Could Circulating Tumor DNA Offer a New Noninvasive Tool for CNSL Prediction?

According to new research presented during the 2021 ASH Annual Meeting, circulating tumor DNA (ctDNA) accurately reflects tumor burden and may serve as a useful clinical biomarker for risk, outcome, and surgery-free lymphoma classification in patients with central nervous system lymphoma (CNSL).
In this study, Florian Scherer, MD, of the University Medical Center Freiburg in Germany, and colleagues applied Cancer Personalized Profiling by Deep Sequencing (CAPP-Seq) and Phased Variant Enrichment and Detection Sequencing (PhasED-Seq) to tumor biopsies (n = 85), plasma samples (n = 131), and cerebrospinal fluid (CSF) specimens (n = 62) from a total of 92 patients with CNSL and 44 patients with other brain cancers or inflammatory cerebral diseases.

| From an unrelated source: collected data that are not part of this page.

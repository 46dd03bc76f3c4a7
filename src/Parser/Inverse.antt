-- ===== src/Parser/Inverse.antt =====
-- The list reader of a whole transaction inverts `encode`.
use ledger_arweave.Base.{
  ℕ, ◌≤◌, ◌≡◌, refl, sym, ap, ◌∙◌, subst, List, [], ◌∷◌, ◌++◌, append_assoc, Bytes, IsByte, All,
  arith, length, get_or,
}
use ledger_arweave.Status.{Step, ok, ◌>>=◌, within, >>=-ok, >>=-eq-ok, within-eq-ok}
use ledger_arweave.Parser.Accept.{
  take_element-encode, after_element, last_element, take_tag_list-encode, take_tag_list-AreRead,
}
use ledger_arweave.Parser.Layout.{
  Transaction, IsSupported, Fits, encode, encode_u16, encode_element, encode_tags,
}
use ledger_arweave.Parser.Lists.{expect_version, expect_modulus, take_tag_list, take_transaction}

encode-append :
    (t : Transaction) (rest : Bytes)
    → encode t ++ rest
      ≡ encode_element t.format
        ++ (encode_element t.owner
            ++ (encode_element t.target
                ++ (encode_element t.quantity
                    ++ (encode_element t.reward
                        ++ (encode_element t.last_tx
                            ++ (encode_u16 (length t.tags)
                                ++ (encode_tags t.tags
                                    ++ (encode_element t.data_size
                                        ++ (encode_element t.data_root ++ rest)))))))))
unfolding encode
encode-append t rest = simp append_assoc

expect_version_passes : (s : Transaction × Bytes) → s.0.format ≡ b'2' ∷ [] → expect_version s ≡ ok s
unfolding expect_version
expect_version_passes s e = simp e

expect_modulus_passes : (s : Transaction × Bytes) → length s.0.owner ≡ 512 → expect_modulus s ≡ ok s
unfolding expect_modulus
expect_modulus_passes s e = simp e

-- Reading an encoding gives the transaction back and leaves what stands behind it.
pub take_transaction-encode :
    (old t : Transaction) (rest : Bytes)
    → IsSupported t
    → take_transaction (old, encode t ++ rest) ≡ ok (t, rest)
unfolding take_transaction
take_transaction-encode old t rest h = rw encode-append (
    rw (take_element-encode _ t.format _ (omega (arith, ap length h.version))) (
      >>=-ok _ _ (expect_version_passes _ h.version) (
        rw (take_element-encode _ t.owner _ (omega (arith, h.modulus))) (
          >>=-ok _ _ (expect_modulus_passes _ h.modulus) (
            rw (take_element-encode _ t.target _ h.target_fits) (
              rw (take_element-encode _ t.quantity _ h.quantity_fits) (
                rw (take_element-encode _ t.reward _ h.reward_fits) (
                  rw (take_element-encode _ t.last_tx _ h.last_tx_fits) (
                    rw (take_tag_list-encode t.tags _ h.few_tags h.tags_fit) (
                      rw (take_element-encode _ t.data_size _ h.data_size_fits)
                        (rw (take_element-encode _ t.data_root _ h.data_root_fits) refl)))))))))))

-- A transaction read from `bs`: supported, with its encoding in front of the rest.
pub record IsAccepted (bs : Bytes) (t : Transaction) (rest : Bytes) : Type 0 where
  pub supported : IsSupported t
  pub splits : bs ≡ encode t ++ rest

one_byte : (bs : Bytes) → length bs ≡ 1 → get_or bs 0 0 ≡ b'2' → bs ≡ b'2' ∷ []
one_byte [] h k = absurd (omega arith)
one_byte (x ∷ []) h k = ap (λ (b : ℕ). b ∷ []) k
one_byte (x ∷ y ∷ bs) h k = absurd (omega arith)

version_of :
    (s : Transaction × Bytes) {r : Transaction × Bytes}
    → expect_version s ≡ ok r
    → (length s.0.format ≡ 1) × (get_or s.0.format 0 0 ≡ b'2') × (s ≡ r)
unfolding expect_version
version_of s e = ground arith

modulus_of :
    (s : Transaction × Bytes) {r : Transaction × Bytes}
    → expect_modulus s ≡ ok r
    → (length s.0.owner ≡ 512) × (s ≡ r)
unfolding expect_modulus
modulus_of s e = ground arith

module _ {C : Type 0} (s : Transaction × Bytes)
    (f : Transaction × Bytes → Step (Transaction × Bytes)) (r : Transaction × Bytes) where
  after_version : (expect_version s >>= f) ≡ ok r → (s.0.format ≡ b'2' ∷ [] → f s ≡ ok r → C) → C
  after_version e k =
      let (s', e₁, e₂) = >>=-eq-ok (expect_version s) f e in
      let (one, two, same) = version_of s e₁ in
      k (one_byte s.0.format one two)
        (subst (λ (s : Transaction × Bytes). f s ≡ ok r) (sym same) e₂)

  after_modulus : (expect_modulus s >>= f) ≡ ok r → (length s.0.owner ≡ 512 → f s ≡ ok r → C) → C
  after_modulus e k =
      let (s', e₁, e₂) = >>=-eq-ok (expect_modulus s) f e in
      let (len, same) = modulus_of s e₁ in
      k len (subst (λ (s : Transaction × Bytes). f s ≡ ok r) (sym same) e₂)

after_tag_list :
    {C : Type 0} (t : Transaction) (bs : Bytes)
    (f : Transaction × Bytes → Step (Transaction × Bytes)) (r : Transaction × Bytes)
    → All IsByte bs
    → (within (λ p. (record t { tags = p.0 }, p.1)) (take_tag_list bs) >>= f) ≡ ok r
    → ((ts : List (Bytes × Bytes)) (rest : Bytes)
        → (length ts ≤ 16)
          × (bs ≡ encode_u16 (length ts) ++ (encode_tags ts ++ rest))
          × All (λ p. Fits p.0 × Fits p.1) ts
          × All IsByte rest
        → f (record t { tags = ts }, rest) ≡ ok r
        → C)
    → C
after_tag_list t bs f r h e k =
    let put : List (Bytes × Bytes) × Bytes → Transaction × Bytes =
      λ p. (record t { tags = p.0 }, p.1) in
    let (s', e₁, e₂) = >>=-eq-ok (within put (take_tag_list bs)) f e in
    let (a, e₃, e₄) = within-eq-ok put (take_tag_list bs) e₁ in
    k a.0 a.1 (take_tag_list-AreRead bs h e₃)
      (subst (λ (s : Transaction × Bytes). f s ≡ ok r) (sym e₄) e₂)

behind : (b : Bytes) {x y : Bytes} → x ≡ y → encode_element b ++ x ≡ encode_element b ++ y
behind b p = ap (◌++◌ (encode_element b)) p

-- And nothing else is read.
pub take_transaction-IsAccepted :
    (old : Transaction) (bs : Bytes) (r : Transaction × Bytes)
    → All IsByte bs
    → take_transaction (old, bs) ≡ ok r
    → IsAccepted bs r.0 r.1
unfolding take_transaction
take_transaction-IsAccepted old bs r h e = after_element _ bs _ _ r h e λ b₁ m₁ a₁ e.
    after_version _ _ r e λ version e. after_element _ m₁ _ _ r a₁.bytes e λ b₂ m₂ a₂ e.
      after_modulus _ _ r e λ modulus e. after_element _ m₂ _ _ r a₂.bytes e λ b₃ m₃ a₃ e.
        after_element _ m₃ _ _ r a₃.bytes e λ b₄ m₄ a₄ e.
          after_element _ m₄ _ _ r a₄.bytes e λ b₅ m₅ a₅ e.
            after_element _ m₅ _ _ r a₅.bytes e λ b₆ m₆ a₆ e.
              after_tag_list
                (record old {
                  format = b₁;
                  owner = b₂;
                  target = b₃;
                  quantity = b₄;
                  reward = b₅;
                  last_tx = b₆;
                })
                m₆ _ r a₆.bytes e
                λ ts m₇ a₇ e. after_element _ m₇ _ _ r a₇.3 e λ b₈ m₈ a₈ e.
                  last_element _ m₈ _ r a₈.bytes e λ b₉ m₉ a₉ e.
                    subst (λ (s : Transaction × Bytes). IsAccepted bs s.0 s.1) e
                      (record {
                        supported = record {
                          version = version;
                          modulus = modulus;
                          few_tags = a₇.0;
                          target_fits = a₃.fits;
                          quantity_fits = a₄.fits;
                          reward_fits = a₅.fits;
                          last_tx_fits = a₆.fits;
                          tags_fit = a₇.2;
                          data_size_fits = a₈.fits;
                          data_root_fits = a₉.fits;
                        };
                        splits =
                            a₁.splits
                            ∙ behind b₁ (
                                a₂.splits
                                ∙ behind b₂ (
                                    a₃.splits
                                    ∙ behind b₃ (
                                        a₄.splits
                                        ∙ behind b₄ (
                                            a₅.splits
                                            ∙ behind b₅ (
                                                a₆.splits
                                                ∙ behind b₆ (
                                                    a₇.1
                                                    ∙ ap
                                                        (λ (r : Bytes).
                                                          encode_u16 (length ts)
                                                          ++ (encode_tags ts ++ r))
                                                        (a₈.splits ∙ behind b₈ a₉.splits)))))))
                            ∙ sym (encode-append _ m₉);
                      })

The researchers targeted 794 distinct genetic regions.
The investigators correlated concentrations of ctDNA with radiologic tumor burden measures and evaluated associations with clinical outcomes at certain clinical time points. Using a supervised machine learning approach from tumor whole-genome sequencing data and genotyping analyses, the investigators also developed a novel classifier to distinguish CNSL from other CNS tumors noninvasively. The classifier was also based on mutational landscapes in both plasma and CSF. An independent validation was subsequently performed on the dataset.
All of the CNSL tumor biopsies featured genetic aberrations. The investigators reported a median of 262 mutations per patient. There was pretreatment plasma ctDNA detectable in 78% of plasma samples as well as 100% of CSF specimens. Concentrations of ctDNA ranged from 0.0004% to 5.94% allele frequency in plasma and 0.0049% to 50.47% allele frequency in CSF.
Compared with the ctDNA concentrations in a previously published cohort of patients with systemic diffuse large B-cell lymphoma, levels of plasma ctDNA were more than 200-fold lower in patients with CNSL. According to the researchers, there was a significant association between concentrations of ctDNA and total radiographic tumor volumes (TRTV) as measured by magnetic resonance imaging. No association was found between ctDNA concentrations and clinical risk scores or concurrent steroid therapy.
The assessment of ctDNA concentrations at pretreatment time points was predictive of progression-free survival (PFS) and overall survival (OS). Using ctDNA and TRTV as pretreatment biomarkers, the investigators were able to stratify patients into favorable or poor prognostic risk groups. During curative-intent induction therapy, ctDNA positivity was significantly associated with both PFS and OS.
The novel machine learning classifier was finally applied to 207 specimens obtained from an independent validation cohort of patients with and without CNSL. For the noninvasive diagnosis of CNSL, the system demonstrated high specificity (100%) and positive predictive value (100%). Additionally, there was a sensitivity CSF (57%) and plasma (21%). The researchers noted that these findings suggest that a significant proportion of patients with CNSL “might be able to forego invasive surgical biopsies” for the purposes of diagnosis.